- [TASK]: Check each line of the data, and copy those where "verdict" appears.
Start of DATA EXTRACT
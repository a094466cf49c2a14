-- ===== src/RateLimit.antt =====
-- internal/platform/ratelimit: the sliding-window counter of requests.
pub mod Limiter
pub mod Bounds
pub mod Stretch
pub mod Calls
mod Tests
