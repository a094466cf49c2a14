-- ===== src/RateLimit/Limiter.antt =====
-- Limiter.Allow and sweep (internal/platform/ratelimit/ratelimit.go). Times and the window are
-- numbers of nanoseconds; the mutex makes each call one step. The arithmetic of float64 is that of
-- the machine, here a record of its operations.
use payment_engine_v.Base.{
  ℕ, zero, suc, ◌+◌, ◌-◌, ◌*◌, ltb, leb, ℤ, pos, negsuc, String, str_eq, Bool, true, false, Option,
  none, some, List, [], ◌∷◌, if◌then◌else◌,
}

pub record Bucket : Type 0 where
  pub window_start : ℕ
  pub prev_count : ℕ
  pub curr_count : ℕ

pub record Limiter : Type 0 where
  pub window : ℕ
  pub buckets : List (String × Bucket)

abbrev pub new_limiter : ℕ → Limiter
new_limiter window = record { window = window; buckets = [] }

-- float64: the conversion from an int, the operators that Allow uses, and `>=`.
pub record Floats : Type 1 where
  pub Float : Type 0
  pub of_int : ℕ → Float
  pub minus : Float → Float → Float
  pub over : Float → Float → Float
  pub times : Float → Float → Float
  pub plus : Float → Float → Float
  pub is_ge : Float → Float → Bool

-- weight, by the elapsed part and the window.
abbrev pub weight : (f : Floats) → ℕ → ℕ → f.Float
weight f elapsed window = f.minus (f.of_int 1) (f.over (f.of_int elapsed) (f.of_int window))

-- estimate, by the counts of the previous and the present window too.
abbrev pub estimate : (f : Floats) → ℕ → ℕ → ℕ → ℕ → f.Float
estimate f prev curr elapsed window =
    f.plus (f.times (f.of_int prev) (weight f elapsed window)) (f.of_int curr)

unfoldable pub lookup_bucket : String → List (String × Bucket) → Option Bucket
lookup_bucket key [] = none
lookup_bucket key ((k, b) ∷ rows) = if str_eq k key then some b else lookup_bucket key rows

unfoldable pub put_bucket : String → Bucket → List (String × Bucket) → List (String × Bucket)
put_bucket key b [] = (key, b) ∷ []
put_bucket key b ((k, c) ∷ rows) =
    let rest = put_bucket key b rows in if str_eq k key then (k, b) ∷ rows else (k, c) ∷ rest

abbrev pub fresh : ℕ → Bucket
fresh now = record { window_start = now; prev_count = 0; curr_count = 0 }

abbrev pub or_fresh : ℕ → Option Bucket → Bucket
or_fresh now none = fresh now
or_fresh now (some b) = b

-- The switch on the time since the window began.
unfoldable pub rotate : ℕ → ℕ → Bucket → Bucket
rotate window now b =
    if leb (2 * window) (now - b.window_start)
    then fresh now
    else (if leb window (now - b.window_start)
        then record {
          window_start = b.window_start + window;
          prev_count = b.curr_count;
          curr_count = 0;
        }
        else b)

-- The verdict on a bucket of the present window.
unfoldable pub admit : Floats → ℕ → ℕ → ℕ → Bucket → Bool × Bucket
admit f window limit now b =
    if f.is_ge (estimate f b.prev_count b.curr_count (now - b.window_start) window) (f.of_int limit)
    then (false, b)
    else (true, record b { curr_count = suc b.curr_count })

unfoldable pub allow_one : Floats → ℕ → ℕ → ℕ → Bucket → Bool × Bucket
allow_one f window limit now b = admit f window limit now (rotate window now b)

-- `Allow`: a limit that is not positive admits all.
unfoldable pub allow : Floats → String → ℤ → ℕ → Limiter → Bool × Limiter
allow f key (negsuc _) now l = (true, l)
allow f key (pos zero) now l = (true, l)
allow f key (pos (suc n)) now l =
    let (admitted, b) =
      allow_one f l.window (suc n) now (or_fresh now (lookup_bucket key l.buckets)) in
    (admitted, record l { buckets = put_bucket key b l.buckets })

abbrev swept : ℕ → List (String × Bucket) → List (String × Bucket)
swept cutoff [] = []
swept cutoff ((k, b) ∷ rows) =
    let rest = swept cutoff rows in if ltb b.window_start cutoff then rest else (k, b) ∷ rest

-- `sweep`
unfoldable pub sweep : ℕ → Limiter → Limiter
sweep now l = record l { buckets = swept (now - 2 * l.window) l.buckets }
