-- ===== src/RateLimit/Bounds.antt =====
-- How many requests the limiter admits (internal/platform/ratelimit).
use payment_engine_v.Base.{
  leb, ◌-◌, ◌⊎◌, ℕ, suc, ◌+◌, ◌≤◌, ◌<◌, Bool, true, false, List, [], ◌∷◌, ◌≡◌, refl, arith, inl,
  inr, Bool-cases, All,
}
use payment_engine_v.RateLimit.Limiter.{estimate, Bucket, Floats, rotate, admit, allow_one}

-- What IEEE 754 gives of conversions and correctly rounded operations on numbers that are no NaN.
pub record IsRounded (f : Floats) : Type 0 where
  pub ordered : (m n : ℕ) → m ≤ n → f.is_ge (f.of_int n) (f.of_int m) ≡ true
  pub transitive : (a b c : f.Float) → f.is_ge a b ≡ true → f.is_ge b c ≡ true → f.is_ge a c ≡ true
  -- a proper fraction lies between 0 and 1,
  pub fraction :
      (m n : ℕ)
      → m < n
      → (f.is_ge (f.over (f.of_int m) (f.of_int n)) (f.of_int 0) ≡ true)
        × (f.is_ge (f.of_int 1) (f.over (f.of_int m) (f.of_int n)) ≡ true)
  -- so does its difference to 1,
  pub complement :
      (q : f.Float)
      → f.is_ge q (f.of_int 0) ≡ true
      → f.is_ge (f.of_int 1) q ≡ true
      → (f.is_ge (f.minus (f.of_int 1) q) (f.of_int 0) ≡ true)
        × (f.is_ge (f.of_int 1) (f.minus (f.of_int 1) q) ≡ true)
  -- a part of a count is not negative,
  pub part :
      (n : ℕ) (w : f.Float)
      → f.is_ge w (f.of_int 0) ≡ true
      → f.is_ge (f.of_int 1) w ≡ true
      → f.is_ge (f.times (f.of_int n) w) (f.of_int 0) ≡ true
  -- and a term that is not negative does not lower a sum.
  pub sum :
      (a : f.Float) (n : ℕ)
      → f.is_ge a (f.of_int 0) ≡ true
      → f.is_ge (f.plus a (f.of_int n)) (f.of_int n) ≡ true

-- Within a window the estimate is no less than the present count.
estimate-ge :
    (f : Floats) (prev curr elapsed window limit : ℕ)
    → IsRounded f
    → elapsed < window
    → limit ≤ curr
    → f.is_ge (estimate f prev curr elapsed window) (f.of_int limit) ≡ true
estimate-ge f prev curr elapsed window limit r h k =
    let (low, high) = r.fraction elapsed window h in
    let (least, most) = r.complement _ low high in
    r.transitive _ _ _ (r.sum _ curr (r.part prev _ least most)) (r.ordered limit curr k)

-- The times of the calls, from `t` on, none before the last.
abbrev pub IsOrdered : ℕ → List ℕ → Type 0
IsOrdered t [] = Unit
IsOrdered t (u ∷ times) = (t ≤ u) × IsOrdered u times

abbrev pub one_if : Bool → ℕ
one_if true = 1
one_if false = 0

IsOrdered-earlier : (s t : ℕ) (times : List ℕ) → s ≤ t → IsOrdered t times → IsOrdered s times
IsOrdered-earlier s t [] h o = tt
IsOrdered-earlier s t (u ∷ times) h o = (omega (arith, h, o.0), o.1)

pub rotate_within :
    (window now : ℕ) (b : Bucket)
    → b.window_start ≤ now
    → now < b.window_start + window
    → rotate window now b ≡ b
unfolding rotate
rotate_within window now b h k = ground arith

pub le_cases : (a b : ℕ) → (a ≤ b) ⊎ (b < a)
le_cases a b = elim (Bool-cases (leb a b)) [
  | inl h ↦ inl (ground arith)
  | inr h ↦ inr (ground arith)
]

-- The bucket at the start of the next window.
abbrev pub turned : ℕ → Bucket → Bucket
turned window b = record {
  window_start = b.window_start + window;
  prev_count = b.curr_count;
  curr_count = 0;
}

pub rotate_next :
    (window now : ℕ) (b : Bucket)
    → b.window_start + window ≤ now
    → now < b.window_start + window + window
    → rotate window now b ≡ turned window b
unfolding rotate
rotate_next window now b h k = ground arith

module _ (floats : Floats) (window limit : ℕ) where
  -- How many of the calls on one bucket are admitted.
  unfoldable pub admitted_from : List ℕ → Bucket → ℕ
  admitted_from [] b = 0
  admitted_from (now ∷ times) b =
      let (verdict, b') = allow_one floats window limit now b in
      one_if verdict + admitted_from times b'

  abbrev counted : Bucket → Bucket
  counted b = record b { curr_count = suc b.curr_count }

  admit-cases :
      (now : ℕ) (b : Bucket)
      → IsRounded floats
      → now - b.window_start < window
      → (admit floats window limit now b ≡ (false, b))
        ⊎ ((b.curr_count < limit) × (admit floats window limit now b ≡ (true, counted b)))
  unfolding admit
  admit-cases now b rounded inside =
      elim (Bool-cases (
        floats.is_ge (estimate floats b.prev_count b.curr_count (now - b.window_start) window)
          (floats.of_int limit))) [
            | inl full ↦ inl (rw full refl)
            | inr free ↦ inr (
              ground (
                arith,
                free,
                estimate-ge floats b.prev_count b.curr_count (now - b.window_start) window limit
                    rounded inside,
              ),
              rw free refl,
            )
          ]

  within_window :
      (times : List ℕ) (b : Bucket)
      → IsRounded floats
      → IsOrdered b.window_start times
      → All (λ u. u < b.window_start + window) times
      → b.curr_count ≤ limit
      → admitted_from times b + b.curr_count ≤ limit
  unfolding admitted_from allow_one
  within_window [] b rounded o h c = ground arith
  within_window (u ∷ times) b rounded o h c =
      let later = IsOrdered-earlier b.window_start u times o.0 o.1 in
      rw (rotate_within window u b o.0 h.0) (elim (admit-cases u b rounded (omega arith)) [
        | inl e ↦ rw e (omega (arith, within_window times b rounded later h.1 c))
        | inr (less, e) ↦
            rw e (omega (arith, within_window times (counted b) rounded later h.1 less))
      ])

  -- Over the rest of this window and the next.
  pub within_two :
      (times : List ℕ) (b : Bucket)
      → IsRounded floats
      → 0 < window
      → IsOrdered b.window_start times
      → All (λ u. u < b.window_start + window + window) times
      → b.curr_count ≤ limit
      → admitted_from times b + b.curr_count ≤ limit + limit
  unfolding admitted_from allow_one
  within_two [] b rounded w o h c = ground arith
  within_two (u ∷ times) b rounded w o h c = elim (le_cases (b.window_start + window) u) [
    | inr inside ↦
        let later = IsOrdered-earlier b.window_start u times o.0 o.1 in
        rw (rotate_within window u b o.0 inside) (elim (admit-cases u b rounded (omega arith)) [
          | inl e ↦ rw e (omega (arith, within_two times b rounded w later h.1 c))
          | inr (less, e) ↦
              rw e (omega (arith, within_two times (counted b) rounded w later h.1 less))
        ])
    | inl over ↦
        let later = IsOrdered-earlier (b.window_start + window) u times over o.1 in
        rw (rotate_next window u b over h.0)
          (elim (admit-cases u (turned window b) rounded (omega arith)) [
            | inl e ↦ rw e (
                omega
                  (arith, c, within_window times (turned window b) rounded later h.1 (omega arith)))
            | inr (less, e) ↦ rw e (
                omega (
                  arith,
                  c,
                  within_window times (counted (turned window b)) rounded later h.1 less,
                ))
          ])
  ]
End of DATA EXTRACT
- [SOLVED EXERCISE]:
-- The verdict on a bucket of the present window.
      let (verdict, b') = allow_one floats window limit now b in
      one_if verdict + admitted_from times b'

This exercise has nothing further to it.